Vitalik Buterin, cofondateur Ethereum , a appelé les gouvernements, les entreprises et les chercheurs à adopter des technologies open source et vérifiables dans des domaines tels que la santé, la finance et la gouvernance, avertissant que la dépendance à l'égard de systèmes propriétaires pourrait éroder la confiance et la sécurité.
Dans un billet de blog publié mercredi sur son forum, Buterin a écrit que les sociétés tirent le plus grand profit non pas de la consommation de technologies, mais de leur production, lorsque l'accès est large et transparent. Il a mis en garde contre le fait de se reposer sur des systèmes centralisés, ce qui revient à accorder une confiance excessive à des institutions susceptibles de faillir ou d'agir par pur intérêt personnel.
« Cet avenir repose sur une grande confiance accordée à la technologie. Si cette confiance est trahie, nous aurons de très gros problèmes. La simple possibilité que cette confiance soit rompue nous oblige à nous replier sur des modèles de confiance sociale fondamentalement exclusifs », a-t-il expliqué.
Selon Buterin, ce problème pourrait être atténué en concevant des infrastructures logicielles, matérielles et biologiques dotées d'une « véritable ouverture » grâce à des licences libres, au développement open source et à la vérifiabilité, le tout accessible même aux utilisateurs finaux.
Leçons tirées de la pandémie de COVID-19
Buterin a utilisé la crise de la COVID-19 comme exemple des conséquences de l'inégalité d'accès à la production technologique. Le programmeur russe était consterné de constater que les pays riches avaient pu se procurer des vaccins dès 2021, tandis que la plupart des pays du tiers monde devaient attendre plus de deux ans.
« Les vaccins n’étaient produits que dans quelques pays, ce qui a engendré de fortes disparités », a-t-il écrit. Comme leur production reposait sur des procédés exclusifs nécessitant d’importants investissements, l’initiative mondiale visant à répartir les doses plus équitablement « ne pouvait aboutir qu’à des résultats limités »
Le cofondateur de la Fondation Ethereum
« Lorsque vous discutez avec des chercheurs spécialisés dans la longévité, l'une des premières choses qu'ils vous diront systématiquement, c'est que l'avenir de la médecine anti-âge est personnalisé et fondé sur les données… C'est beaucoup plus efficace s'il est possible de collecter et de traiter numériquement une grande quantité de données en temps réel », a-t-il supposé.
Buterin a plaidé en faveur du partage de données en temps réel, estimant que, dans des cas comme celui des pandémies, cela pourrait ralentir la propagation des maladies.

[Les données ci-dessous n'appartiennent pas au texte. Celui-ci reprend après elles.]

-- ===== src/Tasks.antt =====
-- aether/tasks: the tasks of the scheduler, their queues, and the subscriptions that cancel them.
pub mod Queues
pub mod Links
pub mod Scheduler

Il a soutenu que ces progrès nécessitent des capteurs et une communication fluide entre les réseaux, mais que sans ouverture, une telle infrastructure ne serait contrôlée que par quelques entreprises, susceptibles d'utiliser les données à mauvais escient.

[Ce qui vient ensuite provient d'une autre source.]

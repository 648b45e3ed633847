-- ===== src/Tasks/Links/Safe.antt =====
-- task_subsctiption.h: no subscription points to a task that is gone.
use aether_client_cpp.Prelude.{
  ℕ, ◌≡◌, ◌≢◌, inl, inr, refl, arith, ◌==◌, Bool, false, none, some, Option-cases, Bool-cases,
}
use aether_client_cpp.Tasks.Links.{
  unset, cancelled, linked, Links, set_active, set_ptr, create, reset, point, assign,
  move_construct, move_assign, destroy,
}

-- Whether a subscription points to a place, and whether the task there points back.
abbrev pub points : Links → ℕ → ℕ → Bool
points w s p = elim (w.ptr s) [ none ↦ false | some q ↦ q == p ]

abbrev pub linked_to : Links → ℕ → ℕ → Bool
linked_to w p s = elim (w.active p) [
  | none ↦ false
  | some a ↦ elim a [ unset ↦ false | cancelled ↦ false | linked r ↦ r == s ]
]

abbrev pub IsLinked : Links → Type 0
IsLinked w = (s p : ℕ) → points w s p ≡ linked_to w p s

create-IsLinked : (w : Links) (p : ℕ) → w.active p ≡ none → IsLinked w → IsLinked (create w p)
unfolding create
create-IsLinked w p free h s q = ground (arith, free, h s q)

reset-IsLinked : (w : Links) (r : ℕ) → IsLinked w → IsLinked (reset w r)
unfolding reset set_ptr set_active
reset-IsLinked w r h s q = elim (Option-cases (w.ptr r)) [
  | inl nothing ↦ rw (nothing, reset) (h s q)
  | inr (p, at) ↦ ground (arith, at, h s q, h r p, h r q, h s p)
]

destroy-IsLinked : (w : Links) (p : ℕ) → IsLinked w → IsLinked (destroy w p)
unfolding destroy
destroy-IsLinked w p h s q = elim (Option-cases (w.active p)) [
  | inl nothing ↦ rw (nothing, destroy) (h s q)
  | inr (unset, at) ↦ ground (arith, at, h s q, h s p)
  | inr (cancelled, at) ↦ ground (arith, at, h s q, h s p)
  | inr (linked r, at) ↦ ground (arith, at, h s q, h s p, h r p, h r q)
]

-- A subscription that holds nothing, and a task that no subscription has.
point-IsLinked :
    (w : Links) (r : ℕ) (p : ℕ)
    → w.ptr r ≡ none
    → w.active p ≡ some unset
    → IsLinked w
    → IsLinked (point w r (some p))
unfolding point set_ptr set_active
point-IsLinked w r p free fresh h s q = ground (arith, free, fresh, h s q, h r q, h s p, h r p)

point-IsLinked-none : (w : Links) (r : ℕ) → w.ptr r ≡ none → IsLinked w → IsLinked (point w r none)
unfolding point set_ptr
point-IsLinked-none w r free h s q = ground (arith, free, h s q, h r q)

ptr-reset : (w : Links) (r : ℕ) → (reset w r).ptr r ≡ none
unfolding reset set_ptr set_active
ptr-reset w r = elim (Option-cases (w.ptr r)) [
  | inl nothing ↦ rw (nothing, reset) nothing
  | inr (p, at) ↦ ground (arith, at)
]

active-reset :
    (w : Links) (r p : ℕ) → IsLinked w → w.active p ≡ some unset → (reset w r).active p ≡ some unset
unfolding reset set_ptr set_active
active-reset w r p h fresh = elim (Option-cases (w.ptr r)) [
  | inl nothing ↦ rw (nothing, reset) fresh
  | inr (q, at) ↦ ground (arith, at, fresh, h r p)
]

assign-IsLinked :
    (w : Links) (r p : ℕ) → w.active p ≡ some unset → IsLinked w → IsLinked (assign w r (some p))
unfolding assign
assign-IsLinked w r p fresh h =
    point-IsLinked (reset w r) r p (ptr-reset w r) (active-reset w r p h fresh)
      (reset-IsLinked w r h)

assign-IsLinked-none : (w : Links) (r : ℕ) → IsLinked w → IsLinked (assign w r none)
unfolding assign
assign-IsLinked-none w r h =
    point-IsLinked-none (reset w r) r (ptr-reset w r) (reset-IsLinked w r h)

move_construct-IsLinked :
    (w : Links) (r other : ℕ)
    → w.ptr r ≡ none
    → r ≢ other
    → IsLinked w
    → IsLinked (move_construct w r other)
unfolding move_construct point set_ptr set_active
move_construct-IsLinked w r other free apart h s q = elim (Option-cases (w.ptr other)) [
  | inl nothing ↦
      rw (nothing, move_construct, point)
        (ground (arith, nothing, free, apart, h s q, h r q, h other q))
  | inr (p, at) ↦
      rw (at, move_construct, point)
        (ground (arith, at, free, apart, h s q, h r q, h other q, h s p, h r p, h other p))
]

ptr-reset_other : (w : Links) (r other : ℕ) → r ≢ other → (reset w r).ptr other ≡ w.ptr other
unfolding reset set_ptr set_active
ptr-reset_other w r other apart = elim (Option-cases (w.ptr r)) [
  | inl nothing ↦ rw (nothing, reset) refl
  | inr (p, at) ↦ ground (arith, at, apart)
]

move_assign-IsLinked : (w : Links) (r other : ℕ) → IsLinked w → IsLinked (move_assign w r other)
unfolding move_assign
move_assign-IsLinked w r other h = elim (Bool-cases (r == other)) [
  | inl same ↦ rw same h
  | inr apart ↦ rw apart (
      unfold move_construct in
      move_construct-IsLinked (reset w r) r other (ptr-reset w r) (ground arith)
        (reset-IsLinked w r h))
]

-- What can happen: a task is made where there is none, a subscription is made or assigned from a new
-- task or a failed one, is reset or moved, and a task is freed.
pub data Step : Links → Links → Type 0 where
  creates : (w : Links) (p : ℕ) → w.active p ≡ none → Step w (create w p)
  assigns : (w : Links) (s p : ℕ) → w.active p ≡ some unset → Step w (assign w s (some p))
  assigns_none : (w : Links) (s : ℕ) → Step w (assign w s none)
  resets : (w : Links) (s : ℕ) → Step w (reset w s)
  constructs :
      (w : Links) (s other : ℕ) → w.ptr s ≡ none → s ≢ other → Step w (move_construct w s other)
  moves : (w : Links) (s other : ℕ) → Step w (move_assign w s other)
  destroys : (w : Links) (p : ℕ) → Step w (destroy w p)

pub data Reach (w : Links) : Links → Type 0 where
  here : Reach w w
  next : {v u : Links} → Reach w v → Step v u → Reach w u

Step-IsLinked : {w v : Links} → Step w v → IsLinked w → IsLinked v
Step-IsLinked (creates w p free) h = create-IsLinked w p free h
Step-IsLinked (assigns w s p fresh) h = assign-IsLinked w s p fresh h
Step-IsLinked (assigns_none w s) h = assign-IsLinked-none w s h
Step-IsLinked (resets w s) h = reset-IsLinked w s h
Step-IsLinked (constructs w s other free apart) h = move_construct-IsLinked w s other free apart h
Step-IsLinked (moves w s other) h = move_assign-IsLinked w s other h
Step-IsLinked (destroys w p) h = destroy-IsLinked w p h

Reach-IsLinked : {w v : Links} → Reach w v → IsLinked w → IsLinked v
Reach-IsLinked here h = h
Reach-IsLinked (next r st) h = Step-IsLinked st (Reach-IsLinked r h)

-- No task and no subscription.
abbrev pub no_links : Links
no_links = record { active = λ p. none; ptr = λ s. none }

-- However tasks are made (where there is none) and freed, and subscriptions made, assigned, reset
-- and moved, if a subscription is only ever made from or assigned a task that has none, and is
-- moved into a new one only from another: a subscription points to a place just when there is a
-- task there that points back to it.
pub points-linked_to : {w : Links} (s p : ℕ) → Reach no_links w → points w s p ≡ linked_to w p s
points-linked_to s p r = Reach-IsLinked r (λ s p. refl) s p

« Si les données de santé personnelles ne sont pas sécurisées, elles peuvent être exploitées à des fins de chantage, de tarification abusive des assurances, voire de menaces physiques », a averti Buterin. « Si votre interface cerveau-ordinateur est piratée, cela signifie qu'une personne malveillante lit littéralement, ou pire, écrit, dans vos pensées. »
Gouvernance et autorité numérique
Le développeur d'origine russe a également évoqué les vulnérabilités des systèmes de gouvernance et juridiques, rappelant les difficultés qu'il a rencontrées lorsqu'il a tenté de signer des documents pour une fonction juridique depuis l'étranger.

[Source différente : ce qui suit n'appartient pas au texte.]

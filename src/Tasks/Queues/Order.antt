-- ===== src/Tasks/Queues/Order.antt =====
-- task_queues.h: the delayed queue stays in the order of the times, and gives out what is due.
use aether_client_cpp.Prelude.{
  ℕ, ◌+◌, ◌-◌, ◌≤◌, ◌<◌, ◌≡◌, refl, arith, ap, sym, ◌∙◌, ltb, leb, ◌==◌, not, subst, ℕ_discrete,
  dec_lt, Bool, true, if◌then◌else◌, List, [], ◌∷◌, ◌++◌, length, take, drop, All, erase_if,
  append-nil, length-append, take-append_left, drop-append_left,
}
use aether_client_cpp.Tasks.Queues.{Task, base_of, add_delayed, scan_step, scan_back, steal_delayed}

-- Latest first.
abbrev pub IsOrdered : List Task → Type 0
IsOrdered [] = Unit
IsOrdered (x ∷ xs) = All (λ y. y.expire_at ≤ x.expire_at) xs × IsOrdered xs

abbrev pub is_due : ℕ → Task → Bool
is_due t e = leb e.expire_at t

-- The tasks that are due at a time, and those that are later, each in the queue's order.
abbrev pub due : ℕ → List Task → List Task
due t l = erase_if (λ e. not (is_due t e)) l

abbrev pub later : ℕ → List Task → List Task
later t l = erase_if (is_due t) l

All-due :
    (t m : ℕ) (l : List Task)
    → m ≤ t
    → All (λ y. y.expire_at ≤ m) l
    → (later t l ≡ []) × (due t l ≡ l)
All-due t m [] h a = (refl, refl)
All-due t m (x ∷ xs) h a = ground (arith, All-due t m xs h a.1)

-- An ordered queue is what is later, and then what is due.
pub split : (t : ℕ) (l : List Task) → IsOrdered l → later t l ++ due t l ≡ l
split t [] o = refl
split t (x ∷ xs) o = ground (arith, All-due t x.expire_at xs, split t xs)

base_of_lem :
    (p : Task) (l : List Task)
    → IsOrdered l
    → base_of (λ e. ltb p.expire_at e.expire_at) l ≡ length (later p.expire_at l)
unfolding base_of
base_of_lem p [] o = refl
base_of_lem p (x ∷ xs) o = ground (arith, All-due p.expire_at x.expire_at xs, base_of_lem p xs)

pub add_delayed_lem :
    (capacity : ℕ) (l : List Task) (p : Task)
    → IsOrdered l
    → length l < capacity
    → add_delayed capacity l p ≡ (later p.expire_at l ++ p ∷ due p.expire_at l, true)
unfolding add_delayed
add_delayed_lem capacity l p o h =
    let i : base_of (λ e. ltb p.expire_at e.expire_at) l ≡ length (later p.expire_at l) =
      base_of_lem p l o in
    let front : take (length (later p.expire_at l)) l ≡ later p.expire_at l =
      ap (take (length (later p.expire_at l))) (sym (split p.expire_at l o))
      ∙ take-append_left (later p.expire_at l) (due p.expire_at l) in
    let back : drop (length (later p.expire_at l)) l ≡ due p.expire_at l =
      ap (drop (length (later p.expire_at l))) (sym (split p.expire_at l o))
      ∙ drop-append_left (later p.expire_at l) (due p.expire_at l) in
    ground (arith, i, front, back)

scan_back_lem :
    (t max : ℕ) (l : List Task)
    → IsOrdered l
    → length l ≤ max
    → scan_back t max l ≡ record {
      passed = length (due t l);
      count = length (due t l);
      runs = length (later t l) == 0;
    }
unfolding scan_back scan_step
scan_back_lem t max [] o h = refl
scan_back_lem t max (x ∷ xs) o h =
    ground (arith, All-due t x.expire_at xs, scan_back_lem t max xs, length_parts t xs)
  where
    length_parts : (t : ℕ) (l : List Task) → length (due t l) ≤ length l
    length_parts t [] = omega arith
    length_parts t (y ∷ ys) = ground (arith, length_parts t ys)

pub steal_delayed_lem :
    (t max : ℕ) (l to : List Task)
    → IsOrdered l
    → length l ≤ max
    → steal_delayed t max l to ≡ (to ++ due t l, later t l)
unfolding steal_delayed
steal_delayed_lem t max l to o h =
    let size : length l ≡ length (later t l) + length (due t l) =
      ap length (sym (split t l o)) ∙ length-append (later t l) (due t l) in
    let start : length l - length (due t l) ≡ length (later t l) = omega (arith, size) in
    let front : take (length (later t l)) l ≡ later t l =
      ap (take (length (later t l))) (sym (split t l o)) ∙ take-append_left (later t l) (due t l) in
    let back : drop (length (later t l)) l ≡ due t l =
      ap (drop (length (later t l))) (sym (split t l o)) ∙ drop-append_left (later t l) (due t l) in
    rw (scan_back_lem t max l o h) (elim (ℕ_discrete (length (due t l)) 0) [
      | no some_due ↦ rw (start, front, back) (ground (arith, some_due))
      | yes none_due ↦ ground (
        arith,
        none_due,
        nothing (due t l) none_due,
        append-nil to,
        append-nil (later t l),
        split t l o,
      )
    ])
  where
    nothing : (xs : List Task) → length xs ≡ 0 → xs ≡ []
    nothing [] e = refl
    nothing (x ∷ xs) e = absurd (omega (arith, e))

-- What a new task is put in front of.
placed : Task → List Task → List Task
placed p [] = p ∷ []
placed p (x ∷ xs) = if is_due p.expire_at x then p ∷ x ∷ xs else x ∷ placed p xs

placed_lem :
    (p : Task) (l : List Task)
    → IsOrdered l
    → later p.expire_at l ++ p ∷ due p.expire_at l ≡ placed p l
unfolding placed
placed_lem p [] o = refl
placed_lem p (x ∷ xs) o = ground (arith, All-due p.expire_at x.expire_at xs, placed_lem p xs)

All-le :
    (m n : ℕ) (l : List Task) → m ≤ n → All (λ y. y.expire_at ≤ m) l → All (λ y. y.expire_at ≤ n) l
All-le m n [] h a = tt
All-le m n (x ∷ xs) h a = (omega arith, All-le m n xs h a.1)

All-placed :
    (m : ℕ) (p : Task) (l : List Task)
    → p.expire_at ≤ m
    → All (λ y. y.expire_at ≤ m) l
    → All (λ y. y.expire_at ≤ m) (placed p l)
unfolding placed
All-placed m p [] h a = (h, tt)
All-placed m p (x ∷ xs) h a = ground (arith, All-placed m p xs)

placed-IsOrdered : (p : Task) (l : List Task) → IsOrdered l → IsOrdered (placed p l)
unfolding placed
placed-IsOrdered p [] o = (tt, tt)
placed-IsOrdered p (x ∷ xs) o =
    ground
      (arith, All-le x.expire_at p.expire_at xs, All-placed x.expire_at p xs, placed-IsOrdered p xs)

-- `Add` to a queue of delayed tasks in order of their times, latest first, and within its capacity,
-- keeps that order, whether there is room or not.
pub add_delayed-IsOrdered :
    (capacity : ℕ) (l : List Task) (p : Task)
    → IsOrdered l
    → length l ≤ capacity
    → IsOrdered (add_delayed capacity l p).0
unfolding add_delayed
add_delayed-IsOrdered capacity l p o h = elim (dec_lt (length l) capacity) [
  | yes room ↦
      subst IsOrdered (sym (ap (λ r. r.0) (add_delayed_lem capacity l p o room) ∙ placed_lem p l o))
        (placed-IsOrdered p l o)
  | no full ↦ ground arith
]

All-later :
    (m t : ℕ) (l : List Task)
    → All (λ y. y.expire_at ≤ m) l
    → All (λ y. y.expire_at ≤ m) (later t l)
All-later m t [] a = tt
All-later m t (x ∷ xs) a = ground (arith, All-later m t xs)

later-IsOrdered : (t : ℕ) (l : List Task) → IsOrdered l → IsOrdered (later t l)
later-IsOrdered t [] o = tt
later-IsOrdered t (x ∷ xs) o = ground (arith, All-later x.expire_at t xs, later-IsOrdered t xs)

pub steal_delayed-IsOrdered :
    (t max : ℕ) (l to : List Task)
    → IsOrdered l
    → length l ≤ max
    → IsOrdered (steal_delayed t max l to).1
steal_delayed-IsOrdered t max l to o h =
    subst IsOrdered (sym (ap (λ r. r.1) (steal_delayed_lem t max l to o h))) (later-IsOrdered t l o)
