-- ===== src/Tasks/Scheduler/Keep.antt =====
-- manual_task_scheduler.h: what the scheduler keeps true of its queues and its pool.
use aether_client_cpp.Prelude.{
  ℕ, suc, ◌+◌, ◌≤◌, ◌<◌, ◌≡◌, refl, arith, ap, sym, ◌∙◌, subst, ltb, ◌==◌, false, if◌then◌else◌,
  List, [], ◌∷◌, ◌++◌, length, count, count-append, take, length-append, inl, inr, Bool-cases,
  drop-length,
}
use aether_client_cpp.Tasks.Links.{Links}
use aether_client_cpp.Tasks.Queues.{Task, add_regular, steal_regular}
use aether_client_cpp.Tasks.Queues.Order.{
  IsOrdered, due, later, split, add_delayed_lem, steal_delayed_lem, add_delayed-IsOrdered,
  steal_delayed-IsOrdered,
}
use aether_client_cpp.Tasks.Scheduler.{
  Request, task, delayed_task, reset_subscription, Scheduler, is_active, add_failed, created, free,
  free_all, new_task, emplace_regular, add_task, emplace_delayed, add_delayed_task, assign_result,
  apply, apply_all, invoke, invoke_all, update_tasks, update_regular, update_delayed, update,
}

-- How often an id stands in a list of tasks.
unfoldable pub count_tasks : ℕ → List Task → ℕ
count_tasks k [] = 0
count_tasks k (t ∷ ts) = if t.id == k then suc (count_tasks k ts) else count_tasks k ts

pub count_tasks-append :
    (k : ℕ) (xs ys : List Task) → count_tasks k (xs ++ ys) ≡ count_tasks k xs + count_tasks k ys
unfolding count_tasks
count_tasks-append k [] ys = omega arith
count_tasks-append k (x ∷ xs) ys = ground (arith, count_tasks-append k xs ys)

-- With the tasks `busy` taken from the queues: the delayed queue is in order, the pool holds just
-- the tasks that wait or are taken, and of each task made it is waiting, taken or freed, and that once.
pub record IsWell (capacity : ℕ) (busy : List Task) (s : Scheduler) : Type 0 where
  pub ordered : IsOrdered s.delayed
  pub pool : s.used ≡ length s.regular + length s.delayed + length busy
  pub fits : s.used ≤ capacity
  pub once :
      (k : ℕ)
      → count_tasks k s.regular + count_tasks k s.delayed + count_tasks k busy + count k s.freed
        ≡ (if ltb k s.next_id then 1 else 0)

length-later-due :
    (t : ℕ) (l : List Task) → IsOrdered l → length l ≡ length (later t l) + length (due t l)
length-later-due t l o = ap length (sym (split t l o)) ∙ length-append (later t l) (due t l)

count-later-due :
    (k t : ℕ) (l : List Task)
    → IsOrdered l
    → count_tasks k l ≡ count_tasks k (later t l) + count_tasks k (due t l)
count-later-due k t l o =
    ap (count_tasks k) (sym (split t l o)) ∙ count_tasks-append k (later t l) (due t l)

module _ {capacity : ℕ} (place : ℕ → ℕ) {busy : List Task} {s : Scheduler}
    (i : IsWell capacity busy s) where
  add_task-IsWell : (run : ℕ) → IsWell capacity busy (add_task capacity place s run).0
  unfolding add_task add_failed emplace_regular add_regular created new_task count_tasks
  add_task-IsWell run = elim (Bool-cases (s.used == capacity)) [
    | inl full ↦
        rw (full, add_task)
          (record { ordered = i.ordered; pool = i.pool; fits = i.fits; once = i.once })
    | inr room ↦
        let t = new_task capacity place s run 0 in
        let space : (length s.regular == capacity) ≡ false = ground (arith, i.pool, i.fits) in
        rw (room, space, add_task)
          (record {
            ordered = i.ordered;
            pool = omega (arith, i.pool, length-append s.regular (t ∷ []));
            fits = ground (arith, i.fits);
            once = λ k. ground (arith, i.once k, count_tasks-append k s.regular (t ∷ []));
          })
  ]

  add_delayed_task-IsWell :
      (run t : ℕ) → IsWell capacity busy (add_delayed_task capacity place s run t).0
  unfolding add_delayed_task add_failed emplace_delayed created new_task count_tasks
  add_delayed_task-IsWell run t = elim (Bool-cases (s.used == capacity)) [
    | inl full ↦
        rw (full, add_delayed_task)
          (record { ordered = i.ordered; pool = i.pool; fits = i.fits; once = i.once })
    | inr room ↦
        let new = new_task capacity place s run t in
        let space : length s.delayed < capacity = ground (arith, i.pool, i.fits) in
        let put = add_delayed_lem capacity s.delayed new i.ordered space in
        let kept =
          subst IsOrdered (ap (λ r. r.0) put)
            (add_delayed-IsOrdered capacity s.delayed new i.ordered (omega arith)) in
        rw (room, put, add_delayed_task)
          (record {
            ordered = kept;
            pool = omega (
              arith,
              i.pool,
              length-append (later t s.delayed) (new ∷ due t s.delayed),
              length-later-due t s.delayed i.ordered,
            );
            fits = ground (arith, i.fits);
            once = λ k. ground (
              arith,
              i.once k,
              count_tasks-append k (later t s.delayed) (new ∷ due t s.delayed),
              count-later-due k t s.delayed i.ordered,
            );
          })
  ]

module _ {capacity : ℕ} (place : ℕ → ℕ) {busy : List Task} where
  IsWell-links :
      {s : Scheduler} (links : Links)
      → IsWell capacity busy s
      → IsWell capacity busy (record s { links = links })
  IsWell-links links i = record { ordered = i.ordered; pool = i.pool; fits = i.fits; once = i.once }

  pub apply-IsWell :
      {s : Scheduler} (r : Request)
      → IsWell capacity busy s
      → IsWell capacity busy (apply capacity place s r)
  unfolding apply assign_result
  apply-IsWell (task subscription run) i = IsWell-links _ (add_task-IsWell place i run)
  apply-IsWell (delayed_task subscription run t) i =
      IsWell-links _ (add_delayed_task-IsWell place i run t)
  apply-IsWell (reset_subscription subscription) i = IsWell-links _ i

  apply_all-IsWell :
      (rs : List Request) {s : Scheduler}
      → IsWell capacity busy s
      → IsWell capacity busy (apply_all capacity place s rs)
  unfolding apply_all
  apply_all-IsWell [] i = i
  apply_all-IsWell (r ∷ rs) i = apply_all-IsWell rs (apply-IsWell r i)

module _ {capacity : ℕ} (place : ℕ → ℕ) (effects : ℕ → List Request) where
  invoke_all-IsWell :
      {busy : List Task} (ts : List Task) {s : Scheduler}
      → IsWell capacity busy s
      → IsWell capacity busy (invoke_all capacity place effects s ts)
  unfolding invoke_all invoke
  invoke_all-IsWell [] i = i
  invoke_all-IsWell (t ∷ ts) {s = s} i =
      invoke_all-IsWell ts (elim (Bool-cases (is_active s.links t)) [
        | inl runs ↦ rw runs (
            apply_all-IsWell place (effects t.run)
              (record { ordered = i.ordered; pool = i.pool; fits = i.fits; once = i.once }))
        | inr stopped ↦ rw stopped i
      ])

free-IsWell :
    {capacity : ℕ} {s : Scheduler} (t : Task) (ts : List Task)
    → IsWell capacity (t ∷ ts) s
    → IsWell capacity ts (free s t)
unfolding free count_tasks count
free-IsWell {s = s} t ts i = record {
  ordered = i.ordered;
  pool = omega (arith, i.pool);
  fits = omega (arith, i.fits);
  once = λ k. ground (arith, i.once k, count-append k s.freed (t.id ∷ []));
}

free_all-IsWell :
    {capacity : ℕ} (ts : List Task) {s : Scheduler}
    → IsWell capacity ts s
    → IsWell capacity [] (free_all s ts)
unfolding free_all
free_all-IsWell [] i = i
free_all-IsWell (t ∷ ts) i = free_all-IsWell ts (free-IsWell t ts i)

pub steal_regular-all :
    (capacity : ℕ) (l : List Task) → length l ≤ capacity → steal_regular capacity l [] ≡ (l, [])
unfolding steal_regular
steal_regular-all capacity l h = ground (arith, take-length l, drop-length (length l) l)
  where
    take-length : (xs : List Task) → take (length xs) xs ≡ xs
    take-length [] = refl
    take-length (x ∷ xs) = ap (◌∷◌ x) (take-length xs)

module _ {capacity : ℕ} (place : ℕ → ℕ) (effects : ℕ → List Request) {s : Scheduler}
    (i : IsWell capacity [] s) where
  pub update_regular-IsWell : IsWell capacity [] (update_regular capacity place effects s)
  unfolding update_regular update_tasks count_tasks
  update_regular-IsWell =
      rw (steal_regular-all capacity s.regular (omega (arith, i.pool, i.fits))) (
        free_all-IsWell s.regular (
          invoke_all-IsWell place effects s.regular (record {
            ordered = i.ordered;
            pool = omega (arith, i.pool);
            fits = i.fits;
            once = λ k. omega (arith, i.once k);
          })))

  update_delayed-IsWell :
      (now : ℕ) → IsWell capacity [] (update_delayed capacity place effects s now)
  unfolding update_delayed update_tasks count_tasks
  update_delayed-IsWell now =
      let fits : length s.delayed ≤ capacity = omega (arith, i.pool, i.fits) in
      let kept =
        subst IsOrdered (ap (λ r. r.1) (steal_delayed_lem now capacity s.delayed [] i.ordered fits))
          (steal_delayed-IsOrdered now capacity s.delayed [] i.ordered fits) in
      rw (steal_delayed_lem now capacity s.delayed [] i.ordered fits) (
        free_all-IsWell (due now s.delayed) (
          invoke_all-IsWell place effects (due now s.delayed) (record {
            ordered = kept;
            pool = omega (arith, i.pool, length-later-due now s.delayed i.ordered);
            fits = i.fits;
            once = λ k. omega (arith, i.once k, count-later-due k now s.delayed i.ordered);
          })))

module _ {capacity : ℕ} (place : ℕ → ℕ) (effects : ℕ → List Request) {s : Scheduler} where
  pub update-IsWell :
      (now : ℕ) → IsWell capacity [] s → IsWell capacity [] (update capacity place effects s now).0
  unfolding update
  update-IsWell now i =
      update_delayed-IsWell place effects
        (update_regular-IsWell place effects
          (record { ordered = i.ordered; pool = i.pool; fits = i.fits; once = i.once }))
        now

Selon Buterin, ce même jour, il a dû signer une transaction numérique pour effectuer une action sur la blockchain Ethereum , ce qui lui a pris 5 secondes et ne lui a coûté que 0,10 $. Il a mentionné que ces inefficacités s'étendaient à la gouvernance d'entreprise, à la gestion de la propriété intellectuelle et à l'administration des organisations à but non lucratif.
Buterin a averti que si les systèmes propriétaires peuvent être sécurisés, citant l'aviation commerciale comme exemple, ils ne peuvent pas fournir la connaissance commune de la sécurité nécessaire dans les situations impliquant des acteurs qui se méfient mutuellement.
Il a publié un extrait d'une affaire dans laquelle les preuves de l'alcootest ont été rejetées après que les enquêteurs ont révélé que les laboratoires de police scientifique de l'État avaient dissimulé des détails sur des tests défectueux.
Le juge Frank Gaziano a statué que les droits des accusés à une procédure régulière avaient été violés, même si la plupart des résultats de l'alcootest étaient techniquement valides.
Buterin a proposé le développement d'une pile technologique entièrement open source et compatible avec la vérification pour les applications à haute sécurité destinées aux consommateurs et aux institutions. Il a reconnu que tous les domaines n'exigent pas une ouverture et une sécurité maximales, et que la performance doit parfois primer.